* **DATA EXTRACTS**
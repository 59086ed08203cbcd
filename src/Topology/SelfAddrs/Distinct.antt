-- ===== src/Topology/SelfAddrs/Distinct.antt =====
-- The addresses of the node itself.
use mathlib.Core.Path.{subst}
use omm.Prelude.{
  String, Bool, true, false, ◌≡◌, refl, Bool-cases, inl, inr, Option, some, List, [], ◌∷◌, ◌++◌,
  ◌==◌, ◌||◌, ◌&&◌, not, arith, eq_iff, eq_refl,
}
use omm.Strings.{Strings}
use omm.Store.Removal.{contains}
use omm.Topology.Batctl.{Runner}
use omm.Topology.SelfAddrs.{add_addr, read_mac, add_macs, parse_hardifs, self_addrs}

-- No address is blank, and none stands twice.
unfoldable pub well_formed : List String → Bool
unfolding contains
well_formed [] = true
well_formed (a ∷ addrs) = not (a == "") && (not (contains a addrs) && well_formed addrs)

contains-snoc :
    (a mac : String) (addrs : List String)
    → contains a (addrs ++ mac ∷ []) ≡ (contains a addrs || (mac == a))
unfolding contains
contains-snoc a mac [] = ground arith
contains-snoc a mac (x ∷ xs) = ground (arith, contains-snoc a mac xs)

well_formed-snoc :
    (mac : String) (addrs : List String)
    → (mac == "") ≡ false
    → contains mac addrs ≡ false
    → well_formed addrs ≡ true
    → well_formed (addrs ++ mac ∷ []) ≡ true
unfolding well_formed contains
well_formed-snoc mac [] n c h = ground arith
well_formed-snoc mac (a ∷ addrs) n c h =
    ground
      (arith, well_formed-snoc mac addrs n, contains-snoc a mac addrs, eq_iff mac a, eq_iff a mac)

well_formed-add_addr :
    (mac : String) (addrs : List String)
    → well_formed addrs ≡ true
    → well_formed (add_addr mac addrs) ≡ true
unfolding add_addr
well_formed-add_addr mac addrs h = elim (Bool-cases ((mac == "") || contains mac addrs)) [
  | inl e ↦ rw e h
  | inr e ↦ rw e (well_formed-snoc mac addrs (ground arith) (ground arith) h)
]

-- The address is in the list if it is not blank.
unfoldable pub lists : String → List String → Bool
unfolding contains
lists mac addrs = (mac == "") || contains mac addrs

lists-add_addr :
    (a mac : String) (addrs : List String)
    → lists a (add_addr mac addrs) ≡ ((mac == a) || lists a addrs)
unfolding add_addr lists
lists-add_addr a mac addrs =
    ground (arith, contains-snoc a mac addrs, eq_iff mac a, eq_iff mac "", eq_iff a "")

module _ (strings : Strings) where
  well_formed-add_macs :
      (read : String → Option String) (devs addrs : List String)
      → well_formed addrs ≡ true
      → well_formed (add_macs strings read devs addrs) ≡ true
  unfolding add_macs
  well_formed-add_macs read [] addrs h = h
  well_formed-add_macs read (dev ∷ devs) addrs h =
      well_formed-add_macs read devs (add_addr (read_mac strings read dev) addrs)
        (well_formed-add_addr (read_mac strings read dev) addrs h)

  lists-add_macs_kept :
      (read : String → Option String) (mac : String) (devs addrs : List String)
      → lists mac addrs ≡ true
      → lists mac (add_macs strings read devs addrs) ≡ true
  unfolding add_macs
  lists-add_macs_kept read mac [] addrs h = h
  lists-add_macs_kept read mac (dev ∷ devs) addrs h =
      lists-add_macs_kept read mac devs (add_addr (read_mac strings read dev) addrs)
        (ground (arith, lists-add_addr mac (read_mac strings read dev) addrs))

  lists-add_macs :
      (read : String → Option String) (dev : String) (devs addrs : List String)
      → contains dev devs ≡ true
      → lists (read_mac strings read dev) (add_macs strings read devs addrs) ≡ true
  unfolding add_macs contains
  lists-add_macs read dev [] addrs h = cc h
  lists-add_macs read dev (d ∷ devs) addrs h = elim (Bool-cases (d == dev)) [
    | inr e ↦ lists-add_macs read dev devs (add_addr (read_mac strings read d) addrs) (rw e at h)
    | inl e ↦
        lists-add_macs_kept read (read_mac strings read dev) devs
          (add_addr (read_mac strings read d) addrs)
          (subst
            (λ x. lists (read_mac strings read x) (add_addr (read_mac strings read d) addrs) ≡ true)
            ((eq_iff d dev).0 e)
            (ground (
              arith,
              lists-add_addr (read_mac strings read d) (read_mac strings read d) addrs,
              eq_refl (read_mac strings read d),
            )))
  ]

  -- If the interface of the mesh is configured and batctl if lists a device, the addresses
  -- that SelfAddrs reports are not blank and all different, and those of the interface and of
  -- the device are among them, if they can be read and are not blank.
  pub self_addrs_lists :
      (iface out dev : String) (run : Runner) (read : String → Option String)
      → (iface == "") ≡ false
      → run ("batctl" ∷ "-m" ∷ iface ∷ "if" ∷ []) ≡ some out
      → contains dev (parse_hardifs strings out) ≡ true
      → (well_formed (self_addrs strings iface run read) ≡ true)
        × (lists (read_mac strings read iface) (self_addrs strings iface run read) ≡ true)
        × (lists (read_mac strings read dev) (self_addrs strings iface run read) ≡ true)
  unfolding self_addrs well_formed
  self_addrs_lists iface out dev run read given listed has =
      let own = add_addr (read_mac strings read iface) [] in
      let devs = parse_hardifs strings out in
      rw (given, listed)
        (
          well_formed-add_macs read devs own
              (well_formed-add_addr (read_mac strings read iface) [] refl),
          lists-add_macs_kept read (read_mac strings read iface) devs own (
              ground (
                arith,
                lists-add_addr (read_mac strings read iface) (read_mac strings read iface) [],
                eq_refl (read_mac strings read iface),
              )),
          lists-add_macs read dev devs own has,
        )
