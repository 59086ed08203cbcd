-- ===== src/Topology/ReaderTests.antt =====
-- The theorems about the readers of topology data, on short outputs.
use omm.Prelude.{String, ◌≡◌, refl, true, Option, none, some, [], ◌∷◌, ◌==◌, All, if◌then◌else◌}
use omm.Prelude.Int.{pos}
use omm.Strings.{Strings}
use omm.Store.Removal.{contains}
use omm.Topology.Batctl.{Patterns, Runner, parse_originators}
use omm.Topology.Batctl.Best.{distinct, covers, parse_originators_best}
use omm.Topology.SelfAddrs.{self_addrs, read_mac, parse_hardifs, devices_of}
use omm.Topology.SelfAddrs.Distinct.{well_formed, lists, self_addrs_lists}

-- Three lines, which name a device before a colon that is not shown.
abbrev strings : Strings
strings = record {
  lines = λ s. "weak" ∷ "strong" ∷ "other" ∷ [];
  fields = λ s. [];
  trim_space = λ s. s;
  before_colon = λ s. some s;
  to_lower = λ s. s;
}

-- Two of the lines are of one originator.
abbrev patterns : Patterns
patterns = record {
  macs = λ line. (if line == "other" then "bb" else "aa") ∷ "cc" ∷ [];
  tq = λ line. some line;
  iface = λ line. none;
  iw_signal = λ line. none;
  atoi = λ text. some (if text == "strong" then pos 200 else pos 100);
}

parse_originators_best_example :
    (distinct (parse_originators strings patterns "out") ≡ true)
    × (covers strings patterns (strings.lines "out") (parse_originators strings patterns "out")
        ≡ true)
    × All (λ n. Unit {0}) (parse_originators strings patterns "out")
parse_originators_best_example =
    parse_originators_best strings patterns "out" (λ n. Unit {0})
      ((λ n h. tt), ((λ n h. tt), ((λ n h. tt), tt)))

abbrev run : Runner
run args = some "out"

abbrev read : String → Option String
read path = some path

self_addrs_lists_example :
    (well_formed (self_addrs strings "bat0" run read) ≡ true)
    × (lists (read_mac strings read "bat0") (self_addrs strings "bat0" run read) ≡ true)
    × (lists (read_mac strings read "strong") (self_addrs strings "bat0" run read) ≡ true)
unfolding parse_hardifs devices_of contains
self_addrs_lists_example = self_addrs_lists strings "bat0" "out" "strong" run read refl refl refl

* **TASK**
Go through the entries and repeat each one exactly.

* **ANSWER TO THIS EXERCISE**
repository 59086ed08203cbcd
filename src/Topology/SelfAddrs/Distinct.antt
-- ===== src/Topology/SelfAddrs/Distinct.antt =====
-- The addresses of the node itself.
use mathlib.Core.Path.{subst}
use omm.Prelude.{
  String, Bool, true, false, ◌≡◌, refl, Bool-cases, inl, inr, Option, some, List, [], ◌∷◌, ◌++◌,
  ◌==◌, ◌||◌, ◌&&◌, not, arith, eq_iff, eq_refl,
}
use omm.Strings.{Strings}
use omm.Store.Removal.{contains}
use omm.Topology.Batctl.{Runner}
use omm.Topology.SelfAddrs.{add_addr, read_mac, add_macs, parse_hardifs, self_addrs}

-- No address is blank, and none stands twice.
unfoldable pub well_formed : List String → Bool
unfolding contains
well_formed [] = true
well_formed (a ∷ addrs) = not (a == "") && (not (contains a addrs) && well_formed addrs)

contains-snoc :
    (a mac : String) (addrs : List String)
    → contains a (addrs ++ mac ∷ []) ≡ (contains a addrs || (mac == a))
unfolding contains
contains-snoc a mac [] = ground arith
contains-snoc a mac (x ∷ xs) = ground (arith, contains-snoc a mac xs)

well_formed-snoc :
    (mac : String) (addrs : List String)
    → (mac == "") ≡ false
    → contains mac addrs ≡ false
    → well_formed addrs ≡ true
    → well_formed (addrs ++ mac ∷ []) ≡ true
unfolding well_formed contains
well_formed-snoc mac [] n c h = ground arith
well_formed-snoc mac (a ∷ addrs) n c h =
    ground
      (arith, well_formed-snoc mac addrs n, contains-snoc a mac addrs, eq_iff mac a, eq_iff a mac)

well_formed-add_addr :
    (mac : String) (addrs : List String)
    → well_formed addrs ≡ true
    → well_formed (add_addr mac addrs) ≡ true
unfolding add_addr
well_formed-add_addr mac addrs h = elim (Bool-cases ((mac == "") || contains mac addrs)) [
  | inl e ↦ rw e h
  | inr e ↦ rw e (well_formed-snoc mac addrs (ground arith) (ground arith) h)
]

-- The address is in the list if it is not blank.
unfoldable pub lists : String → List String → Bool
unfolding contains
lists mac addrs = (mac == "") || contains mac addrs

lists-add_addr :
    (a mac : String) (addrs : List String)
    → lists a (add_addr mac addrs) ≡ ((mac == a) || lists a addrs)
unfolding add_addr lists
lists-add_addr a mac addrs =
    ground (arith, contains-snoc a mac addrs, eq_iff mac a, eq_iff mac "", eq_iff a "")

module _ (strings : Strings) where
  well_formed-add_macs :
      (read : String → Option String) (devs addrs : List String)
      → well_formed addrs ≡ true
      → well_formed (add_macs strings read devs addrs) ≡ true
  unfolding add_macs
  well_formed-add_macs read [] addrs h = h
  well_formed-add_macs read (dev ∷ devs) addrs h =
      well_formed-add_macs read devs (add_addr (read_mac strings read dev) addrs)
        (well_formed-add_addr (read_mac strings read dev) addrs h)

  lists-add_macs_kept :
      (read : String → Option String) (mac : String) (devs addrs : List String)
      → lists mac addrs ≡ true
      → lists mac (add_macs strings read devs addrs) ≡ true
  unfolding add_macs
  lists-add_macs_kept read mac [] addrs h = h
  lists-add_macs_kept read mac (dev ∷ devs) addrs h =
      lists-add_macs_kept read mac devs (add_addr (read_mac strings read dev) addrs)
        (ground (arith, lists-add_addr mac (read_mac strings read dev) addrs))

  lists-add_macs :
      (read : String → Option String) (dev : String) (devs addrs : List String)
      → contains dev devs ≡ true
      → lists (read_mac strings read dev) (add_macs strings read devs addrs) ≡ true
  unfolding add_macs contains
  lists-add_macs read dev [] addrs h = cc h
  lists-add_macs read dev (d ∷ devs) addrs h = elim (Bool-cases (d == dev)) [
    | inr e ↦ lists-add_macs read dev devs (add_addr (read_mac strings read d) addrs) (rw e at h)
    | inl e ↦
        lists-add_macs_kept read (read_mac strings read dev) devs
          (add_addr (read_mac strings read d) addrs)
          (subst
            (λ x. lists (read_mac strings read x) (add_addr (read_mac strings read d) addrs) ≡ true)
            ((eq_iff d dev).0 e)
            (ground (
              arith,
              lists-add_addr (read_mac strings read d) (read_mac strings read d) addrs,
              eq_refl (read_mac strings read d),
            )))
  ]

  -- If the interface of the mesh is configured and batctl if lists a device, the addresses
  -- that SelfAddrs reports are not blank and all different, and those of the interface and of
  -- the device are among them, if they can be read and are not blank.
  pub self_addrs_lists :
      (iface out dev : String) (run : Runner) (read : String → Option String)
      → (iface == "") ≡ false
      → run ("batctl" ∷ "-m" ∷ iface ∷ "if" ∷ []) ≡ some out
      → contains dev (parse_hardifs strings out) ≡ true
      → (well_formed (self_addrs strings iface run read) ≡ true)
        × (lists (read_mac strings read iface) (self_addrs strings iface run read) ≡ true)
        × (lists (read_mac strings read dev) (self_addrs strings iface run read) ≡ true)
  unfolding self_addrs well_formed
  self_addrs_lists iface out dev run read given listed has =
      let own = add_addr (read_mac strings read iface) [] in
      let devs = parse_hardifs strings out in
      rw (given, listed)
        (
          well_formed-add_macs read devs own
              (well_formed-add_addr (read_mac strings read iface) [] refl),
          lists-add_macs_kept read (read_mac strings read iface) devs own (
              ground (
                arith,
                lists-add_addr (read_mac strings read iface) (read_mac strings read iface) [],
                eq_refl (read_mac strings read iface),
              )),
          lists-add_macs read dev devs own has,
        )
repository 59086ed08203cbcd
-- ===== src/Topology/ReaderTests.antt =====
-- The theorems about the readers of topology data, on short outputs.
use omm.Prelude.{String, ◌≡◌, refl, true, Option, none, some, [], ◌∷◌, ◌==◌, All, if◌then◌else◌}
use omm.Prelude.Int.{pos}
use omm.Strings.{Strings}
use omm.Store.Removal.{contains}
use omm.Topology.Batctl.{Patterns, Runner, parse_originators}
use omm.Topology.Batctl.Best.{distinct, covers, parse_originators_best}
use omm.Topology.SelfAddrs.{self_addrs, read_mac, parse_hardifs, devices_of}
use omm.Topology.SelfAddrs.Distinct.{well_formed, lists, self_addrs_lists}

-- Three lines, which name a device before a colon that is not shown.
abbrev strings : Strings
strings = record {
  lines = λ s. "weak" ∷ "strong" ∷ "other" ∷ [];
  fields = λ s. [];
  trim_space = λ s. s;
  before_colon = λ s. some s;
  to_lower = λ s. s;
}

-- Two of the lines are of one originator.
abbrev patterns : Patterns
patterns = record {
  macs = λ line. (if line == "other" then "bb" else "aa") ∷ "cc" ∷ [];
  tq = λ line. some line;
  iface = λ line. none;
  iw_signal = λ line. none;
  atoi = λ text. some (if text == "strong" then pos 200 else pos 100);
}

parse_originators_best_example :
    (distinct (parse_originators strings patterns "out") ≡ true)
    × (covers strings patterns (strings.lines "out") (parse_originators strings patterns "out")
        ≡ true)
    × All (λ n. Unit {0}) (parse_originators strings patterns "out")
parse_originators_best_example =
    parse_originators_best strings patterns "out" (λ n. Unit {0})
      ((λ n h. tt), ((λ n h. tt), ((λ n h. tt), tt)))

abbrev run : Runner
run args = some "out"

abbrev read : String → Option String
read path = some path

self_addrs_lists_example :
    (well_formed (self_addrs strings "bat0" run read) ≡ true)
    × (lists (read_mac strings read "bat0") (self_addrs strings "bat0" run read) ≡ true)
    × (lists (read_mac strings read "strong") (self_addrs strings "bat0" run read) ≡ true)
unfolding parse_hardifs devices_of contains
self_addrs_lists_example = self_addrs_lists strings "bat0" "out" "strong" run read refl refl refl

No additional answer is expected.